3. jump into my curiosity quickly
I start to do something passionately and quickly. The direction of my interest is slanting, but once I get started, I do it all day long.
However, That's not lasting for long. So I want to be the person who will never be tired of something I'm interested in.


Weeknesses

1. negative
I get depressed quickly and deeply with what I've said and done or what others have said and done. It is often what you don't need to care so seriously like you couldn't reply well in English conversation during ELP. When I remember such mistake, my heart starts beating, even on a train before class.
2. bad time-manager
Basically I'm not good at managing time. You can see it from this blog which is written this time. And I'm often about to miss the deadline because I'm the person who do things tommorow which have to be done today.

I've never thought about these things. So a little bit hard but very good chance to focus on myself. And I hope I can improve those personalities.

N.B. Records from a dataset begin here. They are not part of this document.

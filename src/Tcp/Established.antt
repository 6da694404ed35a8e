-- ===== src/Tcp/Established.antt =====
-- internal/curlu/tcpraw.go: when `handshakeJA4T` comes to a connection, and to which one.
use curlu.Base.{
  ℕ, true, false, ◌&&◌, Option, none, some, List, [], ◌∷◌, ◌++◌, ◌%◌, ◌==◌, ==_iff, ◌≡◌, ◌⊎◌, inl,
  inr, refl, ap, arith, Bytes, All, Bool-cases, Result, ok, err, ok_injective,
}
use mathlib.Core.Path.{subst}
use curlu.Fingerprint.{Fingerprint, FingerprintError, tcp_options, TcpOption}
use curlu.Tcp.Defs.{word, add32, ConnError, Segment, Moment, Conn, moment_now, moments_later}
use curlu.Tcp.Handshake.{
  Endpoints, Arrival, read_failed, unreadable, packet, match_reply, pump, Ending, wait_synack, bare,
  synack_conn, final_ack, acknowledged, answered, syn_sent, with_options, handshake,
}
use curlu.Tcp.Transfer.{Tracks}

-- An arrival that leaves the handshake waiting: no error of the socket, and no reset by the peer.
abbrev pub IsHarmless : Endpoints → Arrival → Type 0
IsHarmless conn (read_failed e) = ⊥
IsHarmless conn unreadable = Unit
IsHarmless conn (packet ip tcp) = (match_reply ip conn ≡ false) ⊎ (tcp.rst ≡ false)

-- The arrival of the segment that the handshake waits for.
pub record Meets (conn : Endpoints) (iss : ℕ) (arrivals : List Arrival) (synack : Segment)
    (segs : List Segment) : Type 0 where
  pub before : List Arrival
  pub ip : Endpoints
  pub behind : List Arrival
  pub whole : arrivals ≡ before ++ packet ip synack ∷ behind
  pub harmless : All (IsHarmless conn) before
  pub replies : match_reply ip conn ≡ true
  pub no_reset : synack.rst ≡ false
  pub syn : synack.syn ≡ true
  pub ack : synack.ack ≡ true
  pub acknowledges : synack.ack_number ≡ add32 iss 1
  pub rest : segs ≡ (pump conn behind).0

Meets-later :
    {conn : Endpoints} {iss : ℕ} {arrivals : List Arrival} {synack : Segment} {segs : List Segment}
    (a : Arrival)
    → IsHarmless conn a
    → Meets conn iss arrivals synack segs
    → Meets conn iss (a ∷ arrivals) synack segs
Meets-later a h m = record {
  before = a ∷ m.before;
  ip = m.ip;
  behind = m.behind;
  whole = ap (◌∷◌ a) m.whole;
  harmless = (h, m.harmless);
  replies = m.replies;
  no_reset = m.no_reset;
  syn = m.syn;
  ack = m.ack;
  acknowledges = m.acknowledges;
  rest = m.rest;
}

pump_queues :
    (conn ip : Endpoints) (tcp : Segment) (arrivals : List Arrival)
    → match_reply ip conn ≡ true
    → tcp.rst ≡ false
    → (pump conn (packet ip tcp ∷ arrivals)).0 ≡ tcp ∷ (pump conn arrivals).0
unfolding pump
pump_queues conn ip tcp arrivals e r = ground (arith, e, r)

pump_reset :
    (conn ip : Endpoints) (tcp : Segment) (arrivals : List Arrival)
    → match_reply ip conn ≡ true
    → tcp.rst ≡ true
    → (pump conn (packet ip tcp ∷ arrivals)).0 ≡ []
unfolding pump
pump_reset conn ip tcp arrivals e r = ground (arith, e, r)

module _ (conn : Endpoints) (iss : ℕ) (ending : Ending) where
  wait_synack-Meets :
      (arrivals : List Arrival) {synack : Segment} {segs : List Segment}
      → wait_synack iss ending (pump conn arrivals).0 ≡ ok (synack, segs)
      → Meets conn iss arrivals synack segs
  unfolding pump wait_synack
  wait_synack-Meets [] h = absurd (cc h)
  wait_synack-Meets (read_failed e ∷ arrivals) h = absurd (cc h)
  wait_synack-Meets (unreadable ∷ arrivals) h =
      Meets-later unreadable tt (wait_synack-Meets arrivals h)
  wait_synack-Meets (packet ip tcp ∷ arrivals) {synack} {segs} h =
      elim (Bool-cases (match_reply ip conn)) [
        | inr e ↦
            Meets-later (packet ip tcp) (inl e) (wait_synack-Meets arrivals (rw (e, pump) at h))
        | inl e ↦ elim (Bool-cases tcp.rst) [
          | inl r ↦ absurd (let h' = rw (pump_reset conn ip tcp arrivals e r) at h in cc h')
          | inr r ↦
              let h' = rw (pump_queues conn ip tcp arrivals e r) at h in
              elim (Bool-cases (tcp.syn && tcp.ack && tcp.ack_number == add32 iss 1)) [
                | inr t ↦
                    Meets-later (packet ip tcp) (inr r)
                      (wait_synack-Meets arrivals (rw (t, wait_synack) at h'))
                | inl t ↦
                    let got = ok_injective (rw (t, wait_synack) at h') in
                    subst
                      (λ (p : Segment × List Segment).
                        Meets conn iss (packet ip tcp ∷ arrivals) p.0 p.1)
                      got
                      (record {
                        before = [];
                        ip = ip;
                        behind = arrivals;
                        whole = refl;
                        harmless = tt;
                        replies = e;
                        no_reset = r;
                        syn = ground (arith, t);
                        ack = ground (arith, t);
                        acknowledges = (==_iff tcp.ack_number (add32 iss 1)).0 (ground (arith, t));
                        rest = refl;
                      })
              ]
        ]
      ]

-- A connection that the handshake has made, by the arrivals: the packets on the wire are the SYN with
-- the options of the fingerprint and the acknowledgement of the peer's SYN-ACK.
pub record Established (conn : Endpoints) (fp : Fingerprint) (iss : ℕ) (clock : ℕ)
    (arrivals : List Arrival) (c : Conn) (segs : List Segment) : Type 0 where
  pub synack : Segment
  pub options : List TcpOption
  pub meets : Meets conn iss arrivals synack segs
  pub fingerprint : tcp_options fp (clock % word) ≡ ok options
  pub made : Conn
  pub wire : c.wire ≡ bare iss 0 true false fp.window options ∷ final_ack made ∷ []
  pub acknowledges : made.rcv_nxt ≡ add32 synack.seq 1
  pub sends_behind : (made.snd_nxt ≡ add32 iss 1) × (c.snd_nxt ≡ made.snd_nxt)
  pub tracks : (stream : Bytes) → Tracks stream (add32 synack.seq 1) [] c

acknowledged-ok :
    (made : Conn) (segs : List Segment) (fault : Option ConnError) {r : Conn × List Segment}
    → acknowledged made segs fault ≡ ok r
    → (
      record made { wire = made.wire ++ final_ack made ∷ []; moments = moments_later made.moments },
      segs,
    )
      ≡ r
acknowledged-ok made segs none h = ok_injective h
acknowledged-ok made segs (some e) h = absurd (cc h)

module _ (conn : Endpoints) (fp : Fingerprint) (iss : ℕ) (ending : Ending) (arrivals : List Arrival)
    (clock : ℕ) (c : Conn) (segs : List Segment) where
  synack-Established :
      (options : List TcpOption) (moments : List Moment) (synack : Segment) (queue : List Segment)
      → tcp_options fp (clock % word) ≡ ok options
      → wait_synack iss ending (pump conn arrivals).0 ≡ ok (synack, queue)
      → (fault : Option ConnError)
      → acknowledged
          (synack_conn fp iss (bare iss 0 true false fp.window options) synack moments)
          queue
          fault
        ≡ ok (c, segs)
      → Established conn fp iss clock arrivals c segs
  unfolding synack_conn
  synack-Established options moments synack queue o w fault h =
      let syn = bare iss 0 true false fp.window options in
      let made = synack_conn fp iss syn synack moments in
      subst (λ (r : Conn × List Segment). Established conn fp iss clock arrivals r.0 r.1)
        (acknowledged-ok made queue fault h)
        (record {
          synack = synack;
          options = options;
          meets = wait_synack-Meets conn iss ending arrivals w;
          fingerprint = o;
          made = made;
          wire = refl;
          acknowledges = refl;
          sends_behind = (refl, refl);
          tracks = λ stream. record {
            count = 0;
            within = omega arith;
            received = refl;
            awaits = omega arith;
            ended = λ e. absurd (cc e);
          };
        })

  answered-Established :
      (options : List TcpOption) (moments : List Moment)
      → tcp_options fp (clock % word) ≡ ok options
      → (r : Result ConnError (Segment × List Segment))
      → wait_synack iss ending (pump conn arrivals).0 ≡ r
      → answered fp iss (bare iss 0 true false fp.window options) moments r ≡ ok (c, segs)
      → Established conn fp iss clock arrivals c segs
  answered-Established options moments o (err e) w h = absurd (cc h)
  answered-Established options moments o (ok (synack, queue)) w h =
      synack-Established options moments synack queue o w (moment_now moments).fault h

  sent-Established :
      (options : List TcpOption) (moments : List Moment)
      → tcp_options fp (clock % word) ≡ ok options
      → (fault : Option ConnError)
      → syn_sent fp iss options ending (pump conn arrivals).0 moments fault ≡ ok (c, segs)
      → Established conn fp iss clock arrivals c segs
  sent-Established options moments o (some e) h = absurd (cc h)
  sent-Established options moments o none h =
      answered-Established options moments o (wait_synack iss ending (pump conn arrivals).0) refl h

  options-Established :
      (moments : List Moment) (r : Result FingerprintError (List TcpOption))
      → tcp_options fp (clock % word) ≡ r
      → with_options fp iss ending (pump conn arrivals).0 moments r ≡ ok (c, segs)
      → Established conn fp iss clock arrivals c segs
  options-Established moments (err e) o h = absurd (cc h)
  options-Established moments (ok options) o h =
      sent-Established options (moments_later moments) o (moment_now moments).fault h

-- A handshake that comes to a connection, on whatever arrives, has met a SYN-ACK of the peer, of the
-- right addresses and ports, that acknowledges its SYN, and before it neither an error of the socket
-- nor a reset by the peer. It has sent the SYN with the options of the fingerprint and the
-- acknowledgement of the SYN-ACK; the connection sends behind its SYN, leaves to `recvLoop` what comes
-- behind the SYN-ACK, and is at the start of the peer's stream, behind the peer's SYN.
pub handshake-Established :
    (conn : Endpoints) (fp : Fingerprint) (iss : ℕ) (ending : Ending) (arrivals : List Arrival)
    (moments : List Moment) (c : Conn) (segs : List Segment)
    → handshake fp (some iss) ending (pump conn arrivals).0 moments ≡ ok (c, segs)
    → Established conn fp iss (moment_now moments).clock arrivals c segs
unfolding handshake
handshake-Established conn fp iss ending arrivals moments c segs h =
    let clock = (moment_now moments).clock in
    options-Established conn fp iss ending arrivals clock c segs moments
      (tcp_options fp (clock % word)) refl h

The Most Perecious Thing in My Life

It is hard to answer or make a priority. Something around me is absolutely important because I'm made up with it. friends, family, pets... whatever. But I say my most precious thing is one experience.
In fall vacation last year, I met two foreigners, French and Ukrainian for me to speak English and for them, Japanese.

I'm so shy that I'm not good at talking with a stranger even in Japanese. But it was in English. I couldn't stop my heart beating. I was moving or shivering til the end.

Anyways, I foud it difficult to talk about dailylife in English and hear people speak English which has an accent from their country.
And I learned that speaking English or being a foreigner in Japan seems tough.
We went to a coffee shop so that we could sit and talk. When we started to talk, something was wrong. That is, a couple next to us stopped their conversation and started to listen to us! That was clear for me. And it was so awkward for me to continue speaking English.

So I can't imagine how hard it is to be a minority. Though I've never been to other countries, I think living abroad is hard and lonely. Of course it's more meaningful than that hardness, though. So I want to be kind to others, especially a minority as possible as I can. Such attitude can only save the people who are bothered because in Japan more than 30,000 people commit suicide.

A Small Trip in Tokyo

I went to Asakusa.
I've never been there before, but I was born and raised up in Tokyo. So I decided to go there to see Asakusa temple and Kaminari gate by car (my friend's car).

On way to that place, the road was so crowded that we were a bit depressed. But once we got there, it seemed exciting but strange.

There were so many foreigners. I was impressive with those people who came to Japan after that huge earth quake. And one foreigner was there who took a video for introducing Japanese traditional, famous temples or something probably.(left side in the picture below)



I should have asked him what he was doing!
actually I'm not interested in the temple, but I felt people around it hadfun and make a local community. That was impressing.

on way back home, we went by Tokyo Skytree! When I saw it far away, I thought that it was as high as Tokyo tower.


But When I was in front of it, I just noticed what it means. Skytree.
When it's completed and allow people to visit for sightseeing, I will come again.